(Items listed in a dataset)

::::::

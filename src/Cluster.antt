-- ===== src/Cluster.antt =====
-- The builders of the repository's packages over a client of the cluster's API.
mod Tests
pub mod Api
pub mod Gone
pub mod ConfigMap
pub mod Crd
pub mod NicPolicy
pub mod IpoibNetwork
pub mod MacvlanNetwork
pub mod Alm
pub mod ClusterPolicy
pub mod Finalized
pub mod NvidiaDriver
pub mod GpuCluster
pub mod Csv
pub mod Deployment
pub mod Olm
pub mod Namespace
pub mod Node
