-- ===== src/Text/Defs.antt =====
-- Texts as lists of bytes: comparison, literals, prefixes and suffixes.
use Prim.Native.Char.{code}
use nvidia_ci.Common.{
  ℕ, ◌-◌, String, Bool, true, false, ◌&&◌, List, [], ◌∷◌, Option, none, some, ◌==◌, leb,
  if◌then◌else◌, is_some, length, take, drop,
}

abbrev pub Text : Type 0
Text = List ℕ

-- The code points of a literal: its bytes, as all literals are ASCII.
abbrev pub codes : String → Text
codes String.[] = []
codes (String.◌∷◌ c s) = code c ∷ codes s

-- s == t
unfoldable pub text_eq : Text → Text → Bool
text_eq [] [] = true
text_eq [] (d ∷ t) = false
text_eq (c ∷ s) [] = false
text_eq (c ∷ s) (d ∷ t) = c == d && text_eq s t

-- s == ""
abbrev pub is_empty : Text → Bool
is_empty [] = true
is_empty (c ∷ s) = false

-- What follows the prefix `p`, if the text begins with it.
unfoldable pub strip_prefix : Text → Text → Option Text
strip_prefix [] s = some s
strip_prefix (b ∷ p) [] = none
strip_prefix (b ∷ p) (c ∷ s) = if b == c then strip_prefix p s else none

-- strings.HasPrefix(s, p), the prefix first
unfoldable pub has_prefix : Text → Text → Bool
unfolding strip_prefix
has_prefix p s = is_some (strip_prefix p s)

-- strings.TrimPrefix(s, p)
unfoldable pub trim_prefix : Text → Text → Text
unfolding strip_prefix
trim_prefix p s = elim (strip_prefix p s) [ none ↦ s | some t ↦ t ]

-- strings.HasSuffix(s, p)
unfoldable pub has_suffix : Text → Text → Bool
unfolding text_eq
has_suffix p s = leb (length p) (length s) && text_eq (drop (length s - length p) s) p

-- strings.TrimSuffix(s, p)
unfoldable pub trim_suffix : Text → Text → Text
unfolding has_suffix
trim_suffix p s = if has_suffix p s then take (length s - length p) s else s
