-- ===== src/Text.antt =====
-- Go's `strings` and `strconv` functions as the repository uses them, over the bytes of a text.
-- Where Go consults Unicode tables (`TrimSpace`, `EqualFold`), the texts are ASCII.
pub mod Search
pub mod Trim
pub mod Split
pub mod Number
pub mod Labels
mod Defs
unfoldable pub use Defs.*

::::::

* Your task: Where the data above reaches the line holding "unfoldable pub has_prefix", begin printing, and stop after the line holding "unfolding has_suffix". Each line must be reproduced exactly, with nothing else added.

* Written response:
unfoldable pub has_prefix : Text → Text → Bool
unfolding strip_prefix
has_prefix p s = is_some (strip_prefix p s)

-- strings.TrimPrefix(s, p)
unfoldable pub trim_prefix : Text → Text → Text
unfolding strip_prefix
trim_prefix p s = elim (strip_prefix p s) [ none ↦ s | some t ↦ t ]

-- strings.HasSuffix(s, p)
unfoldable pub has_suffix : Text → Text → Bool
unfolding text_eq
has_suffix p s = leb (length p) (length s) && text_eq (drop (length s - length p) s) p

-- strings.TrimSuffix(s, p)
unfoldable pub trim_suffix : Text → Text → Text
unfolding has_suffix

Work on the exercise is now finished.